“草……”
“拔了!”
“水……”
“挑了!”
“没……”
“没人看见我!”
一旦开启熟悉的对话,冬至就忍不住暴躁,正要再给石头两句时,突然看到了她衣裳上的补丁。
“怎么回事?”他问。
石喧摸了摸衣裳:“破了,夫君给我补的。”
冬至白了她一眼:“我当然知道是祝雨山给你补的,我问的是你昨天去哪了,为什么会沾上五彩沧澜蛛的毒液。”
说完,指了指衣裳破洞旁边,一个紫色的小点。
小点跟芝麻差不多大,颜色非常浅,如果不是冬至指出来,石喧还真忽略了。
“原来那只蜘蛛叫五彩沧澜蛛。”石喧不在意道。
冬至一惊:“你真遇到五彩沧澜蛛了?”
石喧点点头:“昨晚遇到的。”
冬至从她的兜兜里掏出一把瓜子,扭头搬了俩马扎:“细说。

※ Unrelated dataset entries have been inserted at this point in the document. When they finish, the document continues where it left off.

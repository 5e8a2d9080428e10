-- ===== src/Tests/Tlog.antt =====
-- A result that is added to an empty log, and instances of the theorems about addSum. The hash
-- tree here keeps one hash for each record.
use gobuild.Common.{
  codes, Bytes, ◌≡◌, refl, arith, true, false, none, some, [], ◌∷◌, eq_bytes, replicate, ok, err,
}
use gobuild.Common.Int.{pos}
use gobuild.Strings.{format_int, join}
use gobuild.Spec.{to_text}
use gobuild.Record.{BuildResult, pack_record}
use gobuild.Tlog.{
  disk_record, Store, HashTree, Disk, AddError, next_number, tree_size, plan, put_in_place,
  write_record, write_hashes, write_log, write_number, add_sum, dir_exists,
}
use gobuild.Tlog.Added.{IsHashTree}
use gobuild.Tlog.Refused.{add_sum-refuses}
use gobuild.Common.{inr}
use gobuild.Tlog.State.{Startup, unpacked, verify_sum_state}
use gobuild.Tlog.Lookup.Startup.{IsIndexed, verify_sum_state-add_sum}
use gobuild.Sdk.Targets.{available}
use gobuild.Spec.Parse.{parse_build_spec, target_key}
use gobuild.Spec.Sound.{parse_build_spec_sound}
use gobuild.Tlog.Server.{Answers, other_error, lookup, lookup-add_sum}
use gobuild.Tests.Record.{sherpa_result}

abbrev pub leaves : HashTree
leaves = record {
  stored_hash_count = λ n. n;
  stored_hashes = λ n msg file. some (replicate 32 n ∷ []);
  store_dir = to_text;
}

pub leaves-IsHashTree : IsHashTree leaves
leaves-IsHashTree = record {
  empty = refl;
  counted = λ n msg file hs e. ground arith;
  leaf = λ n. omega arith;
  sized = λ n msg file hs e. ground arith;
}

abbrev pub sound_disk : Disk
sound_disk = record {
  stat_store_fails = false;
  stat_records_fails = false;
  stat_hashes_fails = false;
  number_write = none;
  log_write = none;
  hashes_write = none;
  hashes_sync_fails = false;
  record_write = none;
  records_sync_fails = false;
  rename_fails = false;
}

abbrev pub empty_store : Store
empty_store = record {
  records = [];
  hashes = [];
  sum_log = [];
  dirs = λ p. none;
  tmp_dir = record { record_number = none; has_log = true; has_binary = true };
}

abbrev one_record : Store
one_record = (add_sum leaves sound_disk sherpa_result empty_store).0

add_first : (add_sum leaves sound_disk sherpa_result empty_store).1 ≡ ok 0
unfolding add_sum next_number tree_size plan pack_record format_int join put_in_place write_record
    write_hashes write_log write_number eq_bytes
add_first = refl

-- The same result is not added twice.
add_again : (add_sum leaves sound_disk sherpa_result one_record).1 ≡ err dir_exists
unfolding add_sum next_number tree_size plan pack_record format_int join put_in_place write_record
    write_hashes write_log write_number eq_bytes to_text
add_again = refl

abbrev other_result : BuildResult
other_result = record sherpa_result {
  filesize = pos 77;
  spec = record sherpa_result.spec { stripped = false };
}

add_second : (add_sum leaves sound_disk other_result one_record).1 ≡ ok 1
unfolding add_sum next_number tree_size plan pack_record format_int join put_in_place write_record
    write_hashes write_log write_number eq_bytes to_text disk_record
add_second = refl

-- The hash of a record that was not written.
abbrev torn_store : Store
torn_store = record empty_store { hashes = replicate 32 0 }

add_sum-refuses_example :
    (e : AddError) × (add_sum leaves sound_disk sherpa_result torn_store ≡ (torn_store, err e))
add_sum-refuses_example =
    add_sum-refuses leaves sound_disk sherpa_result torn_store (λ n h k. omega arith)

abbrev answers : Answers
answers = record {
  newest = codes "go1.22.0";
  is_target = λ t. true;
  resolved = some (codes "v0.6.0");
  read_fails = false;
  preparation = other_error;
}

abbrev sherpa_key : Bytes
sherpa_key = codes "github.com/mjl-/sherpa@v0.6.0/cmd/sherpaclient/linux-amd64-go1.14.1-stripped/"

parse-sherpa_key : parse_build_spec sherpa_key ≡ ok sherpa_result.spec
unfolding parse_build_spec target_key available eq_bytes
parse-sherpa_key = refl

lookup-add_sum_example :
    lookup leaves answers (to_text sherpa_result.spec) [] one_record ≡ some (ok (pos 0))
lookup-add_sum_example =
    lookup-add_sum leaves sound_disk sherpa_result 0 empty_store answers [] add_first (omega arith)
      (parse_build_spec_sound sherpa_key parse-sherpa_key).0 (λ q. cc) refl refl refl

abbrev startup : Startup
startup = record {
  stored_hash_index = λ n. n;
  records_stat_fails = false;
  hashes_stat_fails = false;
  binary = λ p. unpacked sherpa_result.sum;
}

startup-IsIndexed : IsIndexed leaves startup
startup-IsIndexed = record { index = λ n. refl; earlier = λ n msg file more e. refl }

verify_sum_state-add_sum_example : verify_sum_state startup leaves one_record ≡ ok 1
verify_sum_state-add_sum_example =
    verify_sum_state-add_sum leaves sound_disk sherpa_result 0 empty_store add_first startup
      leaves-IsHashTree startup-IsIndexed refl refl (inr refl) (omega arith) (omega arith)
      (omega arith)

”
石喧跟他面对面坐下,从和夫君走散说起,到夫君找到她结束。
整件事的离奇之处太多,冬至一时之间不知道该从何说起。
半晌,他心情复杂道:“我再确认一遍……你真的没有神力?”
石喧:“没有。”
“五彩沧澜蛛最厉害的就是情瘴之毒,沾一点都能沦为情谷欠的奴隶,你既然没有神力护体,又被喷了一脸情瘴,怎么会一点事都没有?”
“我一个石头,能有什么事?”石喧反问。
冬至:“……”
也是哦,她一个石头,就是泡在情瘴里,又能有什么事。
冬至被说服了,又觉得不太对:“情瘴对你无用,那蛛毒对你总有用吧?五彩沧澜蛛的毒可是能腐蚀万物的,你石头也是万物之一,为什么沾了蛛毒却没有受伤?”
石喧:“因为我是一颗坚硬的石头。”
天外混沌都拿她没办法,更何况这些诞生于混沌之气的生灵。
“真的很硬,很硬很硬。”石喧强调。
冬至再次无言以对,深吸一口气才开口:“五彩沧澜蛛是非常记仇的魔族,而且很难杀,你确定他死了吗?”